2. Восемь мегатонн живого веса

3. Полоска света

4. Мера вещей

5. Звукоряд с переменной функцией

6. Вертоград уединенный

7. Телега жизни

8. Дмомоносов и др.

9. Люби и знай родной край!

10. Туман

11. Отчего у меня дрожали руки

12. Послевкусие

 

НАШИ КЛАДБИЩА

 

Я понимаю, что тема эта не шибко радостная.

Но, с другой стороны, как взглянуть.

Я уже рассказывал где-то в других текстах, что вырос на кладбище и что оно было для меня всем сразу – и лесом, и парком, и фруктовым, и даже райским садом – пардесом и парадизом – местом первых грез и первых грехов.

Кладбище это называлось Армянским, по имени примыкающей к нему улицы, где и жила, метрах в семидесяти от его ворот, наша семья.

До войны, при румынах, оно было сугубо христианским, а после войны, буйно заросшее сиренью и куда более заселенное, стало общегородским.
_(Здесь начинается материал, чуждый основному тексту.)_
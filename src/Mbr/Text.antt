-- ===== src/Mbr/Text.antt =====
-- The texts of hdmbr/mbr.c: stringTrimSpace, copyWordEndianString and the readers that join them.
pub mod Buffer
pub mod Cut
pub mod Trim
pub mod Words
use c_modules.Base.{
  ℕ, zero, suc, ◌+◌, ◌-◌, ◌*◌, ◌≡◌, Bool, true, false, not, Option, none, some, List, ◌==◌,
  if◌then◌else◌, Memory, write,
}

-- The locals of the first loop of stringTrimSpace.
pub record Scan : Type 0 where
  pub i : ℕ
  pub position_flag : Bool
  pub front_space_count : ℕ
  pub rear_space_count : ℕ

-- One round, for the character `c`.
unfoldable pub advance : ℕ → Scan → Scan
advance c s =
    if c == 0x20
    then (if s.position_flag
        then record s { i = s.i + 1; rear_space_count = s.rear_space_count + 1 }
        else record s { i = s.i + 1; front_space_count = s.front_space_count + 1 })
    else (record s { i = s.i + 1; position_flag = true; rear_space_count = 0 })

-- `while (buf[i] != 0x00)`; `none` means that the fuel ran out.
unfoldable pub scan : ℕ → Memory → Scan → Option Scan
scan zero buf s = none
scan (suc fuel) buf s =
    let c = buf s.i in let rest = scan fuel buf (advance c s) in if c == 0 then some s else rest

-- `for (j = 0; j < n; j++) buf[j] = buf[j + front];` with `n` rounds left at `j`.
unfoldable pub copy_down : (n j front : ℕ) → Memory → Memory
copy_down zero j front buf = buf
copy_down (suc n) j front buf = copy_down n (j + 1) front (write buf j (buf (j + front)))

-- What follows the first loop.
unfoldable pub cut : Scan → Memory → Memory
cut s buf =
    let buf =
      if not (s.rear_space_count == 0) then write buf (s.i - s.rear_space_count) 0x00 else buf in
    if not (s.front_space_count == 0)
    then write (copy_down (s.i - s.front_space_count) 0 s.front_space_count buf)
        (s.i - s.front_space_count) 0x00
    else buf

abbrev pub scan_start : Scan
scan_start = record { i = 0; position_flag = false; front_space_count = 0; rear_space_count = 0 }

-- stringTrimSpace
unfoldable pub string_trim_space : ℕ → Memory → Option Memory
string_trim_space fuel buf = elim (scan fuel buf scan_start) [
  | none ↦ none
  | some s ↦ some (cut s buf)
]

-- The loop of copyWordEndianString, with `n` words left: the bytes of each word change places.
unfoldable pub copy_words : (n d s : ℕ) → (source dest : Memory) → Memory
copy_words zero d s source dest = dest
copy_words (suc n) d s source dest =
    copy_words n (d + 2) (s + 2) source (write (write dest d (source (s + 1))) (d + 1) (source s))

-- copyWordEndianString
unfoldable pub copy_word_endian_string : (dest source : Memory) → (len : ℕ) → Memory
copy_word_endian_string dest source len = write (copy_words len 0 0 source dest) (2 * len) 0

-- readModeName, readSerialNumber and readFwVer: `words` is the block as bytes, the text starts at
-- word `start`.
unfoldable pub read_text : ℕ → (start len : ℕ) → (name words : Memory) → Option Memory
read_text fuel start len name words =
    string_trim_space fuel (copy_word_endian_string name (λ p. words (2 * start + p)) len)

unfoldable pub read_mode_name : ℕ → (name words : Memory) → Option Memory
unfolding read_text
read_mode_name fuel = read_text fuel 27 20

unfoldable pub read_serial_number : ℕ → (name words : Memory) → Option Memory
unfolding read_text
read_serial_number fuel = read_text fuel 10 10

unfoldable pub read_fw_ver : ℕ → (name words : Memory) → Option Memory
unfolding read_text
read_fw_ver fuel = read_text fuel 23 4
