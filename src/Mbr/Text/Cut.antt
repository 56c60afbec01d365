-- ===== src/Mbr/Text/Cut.antt =====
-- The two stores and the second loop of stringTrimSpace in hdmbr/mbr.c.
use c_modules.Base.{
  ne→==, ◌≢◌, true, false, ℕ, zero, suc, ◌+◌, ◌-◌, ◌<◌, ◌≤◌, ◌≡◌, ◌⊎◌, refl, ◌∙◌, ap, Bool, Memory,
  write, arith, ◌==◌, if◌then◌else◌, not, inl, inr, Bool-cases, ==_iff,
}
use c_modules.Mbr.Text.{Scan, copy_down, cut}

copy_down-outside :
    (n j front : ℕ) (m : Memory) (q : ℕ) → (q < j) ⊎ (j + n ≤ q) → copy_down n j front m q ≡ m q
unfolding copy_down
copy_down-outside zero j front m q out = refl
copy_down-outside (suc n) j front m q out =
    copy_down-outside n (j + 1) front (write m j (m (j + front))) q (omega arith) ∙ ground arith

-- The copy runs upwards, so a source byte is read before it is overwritten.
copy_down-inside :
    (n j front : ℕ) (m : Memory) (q : ℕ)
    → 0 < front
    → j ≤ q
    → q < j + n
    → copy_down n j front m q ≡ m (q + front)
unfolding copy_down
copy_down-inside zero j front m q pos lo hi = absurd (omega arith)
copy_down-inside (suc n) j front m q pos lo hi = elim (Bool-cases (q == j)) [
  | inl first ↦
      let at : q ≡ j = (==_iff q j).0 first in
      copy_down-outside n (j + 1) front (write m j (m (j + front))) q (omega arith)
      ∙ rw first (ap m (omega arith))
  | inr later ↦
      let ne : (q + front == j) ≡ false = ground arith in
      copy_down-inside n (j + 1) front (write m j (m (j + front))) q pos (ground arith)
        (omega arith)
      ∙ rw ne refl
]

write_ne : (m : Memory) (p q : ℕ) → q ≢ p → write m p 0 q ≡ m q
write_ne m p q ne = rw (ne→== q p ne) refl

-- `front` and `rear` spaces round `n` characters, and the NUL behind them.
module _ (front n rear : ℕ) (flag : Bool) (buf : Memory) (nul : buf (front + n + rear) ≡ 0) where
  abbrev found : Scan
  found = record {
    i = front + n + rear;
    position_flag = flag;
    front_space_count = front;
    rear_space_count = rear;
  }

  shortened : Memory
  shortened = if not (rear == 0) then write buf (front + n + rear - rear) 0x00 else buf

  shortened_kept : (q : ℕ) → q < front + n → shortened q ≡ buf q
  unfolding shortened
  shortened_kept q lt = ground arith

  shortened_nul : shortened (front + n) ≡ 0
  unfolding shortened
  shortened_nul = elim (Bool-cases (rear == 0)) [
    | inl none ↦ rw none (ap buf (ground arith) ∙ nul)
    | inr some ↦ rw some (ground arith)
  ]

  shortened_behind : (q : ℕ) → front + n + rear < q → shortened q ≡ buf q
  unfolding shortened
  shortened_behind q lt = ground arith

  cut_plain : (front == 0) ≡ true → cut found buf ≡ shortened
  unfolding cut shortened
  cut_plain e = rw e refl

  moved : Memory
  moved = copy_down (n + rear) 0 front shortened

  cut-moved : (front == 0) ≡ false → cut found buf ≡ write moved (n + rear) 0x00
  unfolding cut shortened moved
  cut-moved e = let left : front + n + rear - front ≡ n + rear = omega arith in rw (e, left) refl

  moved_inside : (front == 0) ≡ false → (q : ℕ) → q < n + rear → moved q ≡ shortened (q + front)
  unfolding moved
  moved_inside e q lt =
      copy_down-inside (n + rear) 0 front shortened q (ground arith) (omega arith) (omega arith)

  moved_outside : (q : ℕ) → n + rear ≤ q → moved q ≡ shortened q
  unfolding moved
  moved_outside q ge = copy_down-outside (n + rear) 0 front shortened q (omega arith)

  cut_text : (q : ℕ) → q < n → cut found buf q ≡ buf (front + q)
  cut_text q lt = elim (Bool-cases (front == 0)) [
    | inl none ↦ rw (cut_plain none) (shortened_kept q (omega arith) ∙ ap buf (ground arith))
    | inr some ↦ rw (cut-moved some) (
        write_ne moved (n + rear) q (omega arith)
        ∙ moved_inside some q (omega arith)
        ∙ shortened_kept (q + front) (omega arith)
        ∙ ap buf (omega arith))
  ]

  cut_nul : cut found buf n ≡ 0
  cut_nul = elim (Bool-cases (front == 0)) [
    | inl none ↦
        rw (cut_plain none) (ap shortened {x = n} {y = front + n} (ground arith) ∙ shortened_nul)
    | inr some ↦ rw (cut-moved some) (elim (Bool-cases (n == n + rear)) [
      | inl last ↦ rw last refl
      | inr before ↦ rw before (
          moved_inside some n (ground arith)
          ∙ ap shortened {x = n + front} {y = front + n} (omega arith)
          ∙ shortened_nul)
    ])
  ]

  cut_behind : (q : ℕ) → front + n + rear < q → cut found buf q ≡ buf q
  cut_behind q lt = elim (Bool-cases (front == 0)) [
    | inl none ↦ rw (cut_plain none) (shortened_behind q lt)
    | inr some ↦ rw (cut-moved some) (
        write_ne moved (n + rear) q (omega arith)
        ∙ moved_outside q (omega arith)
        ∙ shortened_behind q lt)
  ]

  -- The characters move to the front, a NUL follows them, and nothing behind the old NUL changes.
  pub cut_lem :
      ((q : ℕ) → q < n → cut found buf q ≡ buf (front + q))
      × (cut found buf n ≡ 0)
      × ((q : ℕ) → front + n + rear < q → cut found buf q ≡ buf q)
  cut_lem = (cut_text, cut_nul, cut_behind)
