-- ===== src/Mbr/Text/Buffer.antt =====
-- Texts that stand in byte memory.
use c_modules.Base.{
  ap, ℕ, suc, ◌+◌, ◌<◌, ◌≡◌, ◌∙◌, List, [], ◌∷◌, ◌++◌, Memory, Holds, length, arith,
}

-- A text that stands somewhere stands in every memory that agrees there.
pub Holds-moved :
    (m m' : Memory) (p p' : ℕ) (s : List ℕ)
    → ((q : ℕ) → q < length s → m' (p' + q) ≡ m (p + q))
    → Holds m p s
    → Holds m' p' s
Holds-moved m m' p p' [] same h = tt
Holds-moved m m' p p' (c ∷ cs) same h =
    let first : m' p' ≡ m p =
      ap m' {x = p'} {y = p' + 0} (omega arith)
      ∙ same 0 (omega arith)
      ∙ ap m {x = p + 0} {y = p} (omega arith) in
    (
      first ∙ h.0,
      Holds-moved m m' (p + 1) (p' + 1) cs
          (λ q lt.
            ap m' {x = p' + 1 + q} {y = p' + suc q} (omega arith)
            ∙ same (suc q) (omega arith)
            ∙ ap m {x = p + suc q} {y = p + 1 + q} (omega arith))
          h.1,
    )

pub Holds-append :
    (m : Memory) (p : ℕ) (xs ys : List ℕ)
    → Holds m p (xs ++ ys)
    → Holds m p xs × Holds m (p + length xs) ys
Holds-append m p [] ys h = let e : p + 0 ≡ p = omega arith in (tt, rw e h)
Holds-append m p (x ∷ xs) ys h =
    let r = Holds-append m (p + 1) xs ys h.1 in
    let e : p + suc (length xs) ≡ p + 1 + length xs = omega arith in ((h.0, r.0), rw e r.1)
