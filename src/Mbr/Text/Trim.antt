-- ===== src/Mbr/Text/Trim.antt =====
-- stringTrimSpace of hdmbr/mbr.c against what trimming means.
use mathlib.Core.Path.{ap₂, subst}
use c_modules.Mbr.Text.Cut.{cut_lem}
use mathlib.Core.List.{append_assoc, append-nil}
use c_modules.Base.{
  ℕ, zero, suc, ◌+◌, ◌<◌, ◌≡◌, ◌≢◌, refl, ◌∙◌, ap, sym, Bool, true, false, some, List, [], ◌∷◌,
  ◌++◌, Memory, Holds, length, length-append, arith, ◌==◌, IsCString, inl, inr, Bool-cases, ==_iff,
}
use c_modules.Mbr.Text.{Scan, advance, scan, cut, scan_start, string_trim_space}
use c_modules.Mbr.Text.Buffer.{Holds-moved, Holds-append}

abbrev pub spaces : ℕ → List ℕ
spaces zero = []
spaces (suc n) = 0x20 ∷ spaces n

abbrev last_or : ℕ → List ℕ → ℕ
last_or d [] = d
last_or d (c ∷ cs) = last_or c cs

-- No space at either end.
abbrev pub IsTight : List ℕ → Type 0
IsTight [] = Unit {0}
IsTight (c ∷ cs) = (c ≢ 0x20) × (last_or c cs ≢ 0x20)

-- `mid` is `s` without the spaces around it.
pub record IsTrimOf (s mid : List ℕ) : Type 0 where
  pub front : ℕ
  pub rear : ℕ
  pub split : s ≡ spaces front ++ (mid ++ spaces rear)
  pub tight : IsTight mid

length-spaces : (n : ℕ) → length (spaces n) ≡ n
length-spaces zero = refl
length-spaces (suc n) = ap suc (length-spaces n)

spaces-snoc : (k : ℕ) (r : List ℕ) → spaces k ++ (0x20 ∷ r) ≡ spaces (suc k) ++ r
spaces-snoc zero r = refl
spaces-snoc (suc k) r = ap (λ t. 0x20 ∷ t) (spaces-snoc k r)

last_or-append : (d c : ℕ) (xs ys : List ℕ) → last_or d (xs ++ (c ∷ ys)) ≡ last_or c ys
last_or-append d c [] ys = refl
last_or-append d c (x ∷ xs) ys = last_or-append x c xs ys

-- The first loop as a fold over the text.
run : List ℕ → Scan → Scan
run [] s = s
run (c ∷ cs) s = run cs (advance c s)

scan-run :
    (fuel : ℕ) (buf : Memory) (r : List ℕ) (s : Scan)
    → Holds buf s.i r
    → IsCString r
    → buf (s.i + length r) ≡ 0
    → length r < fuel
    → scan fuel buf s ≡ some (run r s)
unfolding scan run
scan-run zero buf r s h ok end enough = absurd (omega arith)
scan-run (suc fuel) buf [] s h ok end enough =
    let here : buf s.i ≡ 0 = ap buf {x = s.i} {y = s.i + 0} (omega arith) ∙ end in rw here refl
scan-run (suc fuel) buf (c ∷ cs) s h ok end enough =
    let e = advance-i c s in
    let not_end : (c == 0) ≡ false = ground arith in
    rw (h.0, not_end)
      (scan-run fuel buf cs (advance c s) (rw e h.1) ok.1
        (ap buf {x = (advance c s).i + length cs} {y = s.i + suc (length cs)} (omega arith) ∙ end)
        (omega arith))
  where
    advance-i : (x : ℕ) (t : Scan) → (advance x t).i ≡ t.i + 1
    advance-i x t = unfold advance in ground arith

abbrev state : ℕ → Bool → ℕ → ℕ → Scan
state i flag front rear = record {
  i = i;
  position_flag = flag;
  front_space_count = front;
  rear_space_count = rear;
}

advance-blank :
    (i front k : ℕ) → advance 0x20 (state i true front k) ≡ state (i + 1) true front (suc k)
unfolding advance
advance-blank i front k = ap (λ n. state (i + 1) true front n) (omega arith)

advance_front :
    (i front : ℕ) → advance 0x20 (state i false front 0) ≡ state (i + 1) false (suc front) 0
unfolding advance
advance_front i front = ap (λ n. state (i + 1) false n 0) (omega arith)

advance_solid :
    (c i front k : ℕ) (flag : Bool)
    → (c == 0x20) ≡ false
    → advance c (state i flag front k) ≡ state (i + 1) true front 0
unfolding advance
advance_solid c i front k flag solid = rw solid refl

at_end :
    (i n : ℕ) (flag : Bool) (front rear : ℕ)
    → state (i + 1 + n) flag front rear ≡ state (i + suc n) flag front rear
at_end i n flag front rear = ap (λ t. state t flag front rear) (omega arith)

-- Behind a character that is no space: with `k` spaces pending, the rest splits into a body that
-- ends in no space, and the spaces that are counted.
record Tail (k : ℕ) (r : List ℕ) (i front : ℕ) : Type 0 where
  body : List ℕ
  rear : ℕ
  split : spaces k ++ r ≡ body ++ spaces rear
  ends : (d : ℕ) → d ≢ 0x20 → last_or d body ≢ 0x20
  final : run r (state i true front k) ≡ state (i + length r) true front rear

scan-Tail : (r : List ℕ) (k i front : ℕ) → Tail k r i front
unfolding run
scan-Tail [] k i front = record {
  body = [];
  rear = k;
  split = append-nil (spaces k);
  ends = λ d ne. ne;
  final = ap (λ n. state n true front k) {x = i} {y = i + 0} (omega arith);
}
scan-Tail (c ∷ cs) k i front = elim (Bool-cases (c == 0x20)) [
  | inl blank ↦
      let t = scan-Tail cs (suc k) (i + 1) front in
      let is : c ≡ 0x20 = (==_iff c 0x20).0 blank in
      record {
        body = t.body;
        rear = t.rear;
        split = rw is (spaces-snoc k cs ∙ t.split);
        ends = t.ends;
        final = rw (is, advance-blank i front k) (t.final ∙ at_end i (length cs) true front t.rear);
      }
  | inr solid ↦
      let t = scan-Tail cs 0 (i + 1) front in
      let ne : c ≢ 0x20 = ground arith in
      record {
        body = spaces k ++ (c ∷ t.body);
        rear = t.rear;
        split =
            ap (λ u. spaces k ++ (c ∷ u)) t.split
            ∙ sym (append_assoc (spaces k) (c ∷ t.body) (spaces t.rear));
        ends = λ d _. rw (last_or-append d c (spaces k) t.body) (t.ends c ne);
        final =
            rw (advance_solid c i front k true solid)
              (t.final ∙ at_end i (length cs) true front t.rear);
      }
]

-- From the start: the leading spaces, then a tight text, then the counted spaces.
record Parts (r : List ℕ) (i front : ℕ) : Type 0 where
  blanks : ℕ
  mid : List ℕ
  rear : ℕ
  flag : Bool
  split : r ≡ spaces blanks ++ (mid ++ spaces rear)
  tight : IsTight mid
  final : run r (state i false front 0) ≡ state (i + length r) flag (blanks + front) rear

parts_of : (r : List ℕ) (i front : ℕ) → Parts r i front
unfolding run
parts_of [] i front = record {
  blanks = 0;
  mid = [];
  rear = 0;
  flag = false;
  split = refl;
  tight = tt;
  final =
      ap₂ (λ n f. state n false f 0) {x = i} {y = i + 0} {u = front} {v = 0 + front} (omega arith)
        (omega arith);
}
parts_of (c ∷ cs) i front = elim (Bool-cases (c == 0x20)) [
  | inl blank ↦
      let t = parts_of cs (i + 1) (suc front) in
      let is : c ≡ 0x20 = (==_iff c 0x20).0 blank in
      record {
        blanks = suc t.blanks;
        mid = t.mid;
        rear = t.rear;
        flag = t.flag;
        split = rw is (ap (λ u. 0x20 ∷ u) t.split);
        tight = t.tight;
        final =
            rw (is, advance_front i front)
              (t.final
                ∙ ap₂ (λ n f. state n t.flag f t.rear) {x = i + 1 + length cs}
                    {y = i + suc (length cs)} {u = t.blanks + suc front} {v = suc t.blanks + front}
                    (omega arith) (omega arith));
      }
  | inr solid ↦
      let t = scan-Tail cs 0 (i + 1) front in
      record {
        blanks = 0;
        mid = c ∷ t.body;
        rear = t.rear;
        flag = true;
        split = ap (λ u. c ∷ u) t.split;
        tight = (ground arith, t.ends c (ground arith));
        final = rw (advance_solid c i front 0 false solid) (
            t.final
            ∙ ap₂ (λ n f. state n true f t.rear) {x = i + 1 + length cs} {y = i + suc (length cs)}
                {u = front} {v = 0 + front} (omega arith) (omega arith));
      }
]

Parts-length :
    {r : List ℕ} {i front : ℕ} (p : Parts r i front) → length r ≡ p.blanks + length p.mid + p.rear
Parts-length p =
    ap length p.split
    ∙ omega (
      arith,
      length-append (spaces p.blanks) (p.mid ++ spaces p.rear),
      length-append p.mid (spaces p.rear),
      length-spaces p.blanks,
      length-spaces p.rear,
    )

-- `after` holds the trimmed text and a NUL behind it; behind the old NUL it is `before`.
pub record IsTrimmed (s : List ℕ) (before after : Memory) : Type 0 where
  pub mid : List ℕ
  pub trim : IsTrimOf s mid
  pub text : Holds after 0 mid
  pub nul : after (length mid) ≡ 0
  pub behind : (q : ℕ) → length s < q → after q ≡ before q

module _ (buf : Memory) (s : List ℕ) (h : Holds buf 0 s) (ok : IsCString s)
    (nul : buf (length s) ≡ 0) where
  abbrev parts : Parts s 0 0
  parts = parts_of s 0 0

  abbrev end_state : Scan
  end_state =
      state (parts.blanks + length parts.mid + parts.rear) parts.flag parts.blanks parts.rear

  ends_so : run s scan_start ≡ end_state
  ends_so =
      parts.final
      ∙ ap₂ (λ n f. state n parts.flag f parts.rear) {x = 0 + length s}
          {y = parts.blanks + length parts.mid + parts.rear} {u = parts.blanks + 0}
          {v = parts.blanks} (omega (arith, Parts-length parts)) (omega arith)

  cut-IsTrimmed : IsTrimmed s buf (cut end_state buf)
  cut-IsTrimmed =
      let size = Parts-length parts in
      let c = cut_lem parts.blanks (length parts.mid) parts.rear parts.flag buf (
        ap buf {x = parts.blanks + length parts.mid + parts.rear} {y = length s} (omega arith)
        ∙ nul) in
      let all : Holds buf 0 (spaces parts.blanks ++ (parts.mid ++ spaces parts.rear)) =
        subst (Holds buf 0) parts.split h in
      let from_mid =
        (Holds-append buf 0 (spaces parts.blanks) (parts.mid ++ spaces parts.rear) all).1 in
      let mid_there =
        (Holds-append buf (0 + length (spaces parts.blanks)) parts.mid (spaces parts.rear)
          from_mid).0 in
      record {
        mid = parts.mid;
        trim = record {
          front = parts.blanks;
          rear = parts.rear;
          split = parts.split;
          tight = parts.tight;
        };
        text =
            Holds-moved buf (cut end_state buf) (0 + length (spaces parts.blanks)) 0 parts.mid
              (λ q lt.
                ap (cut end_state buf) {x = 0 + q} {y = q} (omega arith)
                ∙ c.0 q lt
                ∙ ap buf {x = parts.blanks + q} {y = 0 + length (spaces parts.blanks) + q}
                    (omega (arith, length-spaces parts.blanks)))
              mid_there;
        nul = c.1;
        behind = λ q lt. c.2 q (omega arith);
      }

  -- Over a C string and with enough fuel, stringTrimSpace ends, leaves the text without the spaces
  -- around it, NUL-terminated, and changes no byte behind the old end.
  pub string_trim_space-IsTrimmed :
      (fuel : ℕ)
      → length s < fuel
      → (after : Memory) × (string_trim_space fuel buf ≡ some after) × IsTrimmed s buf after
  unfolding string_trim_space
  string_trim_space-IsTrimmed fuel enough =
      let e : scan fuel buf scan_start ≡ some end_state =
        scan-run fuel buf s scan_start h ok
          (ap buf {x = 0 + length s} {y = length s} (omega arith) ∙ nul) enough
        ∙ ap some ends_so in
      (cut end_state buf, rw (e, string_trim_space) refl, cut-IsTrimmed)
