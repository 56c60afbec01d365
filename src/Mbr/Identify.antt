-- ===== src/Mbr/Identify.antt =====
-- readMBR of hdmbr/mbr.c: the identify block comes from the kernel's disk driver. The printed words
-- are left out.
use c_modules.Base.{
  ℕ, ◌+◌, ◌≤◌, ◌⊎◌, inl, inr, ◌≡◌, refl, Bool, true, false, Option, none, some, List, ltb,
  if◌then◌else◌, Memory, write, arith,
}

-- What a call of ioctl leaves of the driver's state and of `args`.
pub record Identified (S : Type 0) : Type 0 where
  pub state : S
  pub failed : Bool
  pub args : Memory

-- The kernel, on a state of its own: `open`, `ioctl` with HDIO_DRIVE_CMD, `close` and `errno`, and the
-- two command codes of linux/hdreg.h. A descriptor of `none` is a negative one.
pub record DiskDriver (S : Type 0) : Type 0 where
  pub win_identify : ℕ
  pub win_pidentify : ℕ
  pub open_device : S → List ℕ → Option ℕ × S
  pub drive_cmd : S → (fd : ℕ) → Memory → Identified S
  pub close_device : S → (fd : ℕ) → S
  pub errno : S → ℕ

pub record ReadMbr (S : Type 0) : Type 0 where
  pub result : ℕ
  pub block : Memory
  pub state : S

module _ {S : Type 0} (driver : DiskDriver S) where
  -- `{WIN_IDENTIFY,0,0,1,}`
  unfoldable pub start_args : Memory
  start_args = write (write (λ _. 0) 0 driver.win_identify) 3 1

  -- `memcpy(data, &args[4], 512)`, `close` and the return.
  unfoldable pub delivered : (fd : ℕ) → (block : Memory) → Identified S → ReadMbr S
  delivered fd block answer = record {
    result = 0;
    block = λ q. if ltb q 512 then answer.args (4 + q) else block q;
    state = driver.close_device answer.state fd;
  }

  -- The second attempt, with the command for packet devices.
  unfoldable pub read_packet : (fd : ℕ) → (block : Memory) → Identified S → ReadMbr S
  unfolding delivered
  read_packet fd block first =
      let second = driver.drive_cmd first.state fd (write first.args 0 driver.win_pidentify) in
      if second.failed
      then (record { result = driver.errno second.state; block = block; state = second.state })
      else delivered fd block second

  -- readMBR
  unfoldable pub read_mbr : (name : List ℕ) → (block : Memory) → S → ReadMbr S
  unfolding start_args delivered read_packet
  read_mbr name block s =
      let (fd, s) = driver.open_device s name in
      elim fd [
        | none ↦ record { result = driver.errno s; block = block; state = s }
        | some n ↦
            let first = driver.drive_cmd s n start_args in
            if first.failed then read_packet n block first else delivered n block first
      ]

  -- The buffer behind 512 bytes is kept, and all of it unless the result is 0.
  unfoldable pub Keeps : Memory → ReadMbr S → Type 0
  Keeps block r =
      ((q : ℕ) → 512 ≤ q → r.block q ≡ block q) × ((r.result ≡ 0) ⊎ ((q : ℕ) → r.block q ≡ block q))

  delivered-Keeps :
      (fd : ℕ) (block : Memory) (a : Identified S) → Keeps block (delivered fd block a)
  unfolding delivered Keeps
  delivered-Keeps fd block a = (λ q le. ground arith, inl refl)

  read_packet-Keeps :
      (fd : ℕ) (block : Memory) (first : Identified S) → Keeps block (read_packet fd block first)
  unfolding read_packet Keeps
  read_packet-Keeps fd block first =
      let second = driver.drive_cmd first.state fd (write first.args 0 driver.win_pidentify) in
      elim second.failed
        as (λ b. Keeps block (
          if b
          then (record { result = driver.errno second.state; block = block; state = second.state })
          else delivered fd block second)) [
            | true ↦ (λ q le. refl, inr (λ q. refl))
            | false ↦ delivered-Keeps fd block second
          ]

  -- readMBR leaves the buffer behind 512 bytes alone, and all of it unless it returns 0.
  read_mbr-Keeps : (name : List ℕ) (block : Memory) (s : S) → Keeps block (read_mbr name block s)
  unfolding read_mbr Keeps
  read_mbr-Keeps name block s =
      let t = (driver.open_device s name).1 in
      elim (driver.open_device s name).0
        as (λ fd. Keeps block (elim fd [
          | none ↦ record { result = driver.errno t; block = block; state = t }
          | some n ↦
              let first = driver.drive_cmd t n start_args in
              if first.failed then read_packet n block first else delivered n block first
        ])) [
          | none ↦ (λ q le. refl, inr (λ q. refl))
          | some n ↦
              let first = driver.drive_cmd t n start_args in
              elim first.failed
                as (λ b.
                  Keeps block (if b then read_packet n block first else delivered n block first)) [
                    | true ↦ read_packet-Keeps n block first
                    | false ↦ delivered-Keeps n block first
                  ]
        ]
Там были свои дореволюционные достопримечательности – богатые усыпальницы купцов и маклеров, знаменитых помещиков и губернаторов, какого-то поручика суворовской гвардии, корнета, застрелившегося из-за несчастной любви, авиатора с краснозвездным пропеллером в головах… В сорок восьмом там похоронили нищего эмигранта – возвращенного в лоно советской родины русского богатыря Ивана Заикина. Разграбленные склепы становились временными приютами сладострастья. Вокруг православной церкви тесно стояли огражденные мраморными беседками гробницы знатных горожан, окаймленные почему-то остроконечными снежинками магендовидов. Сирень покрывала всё.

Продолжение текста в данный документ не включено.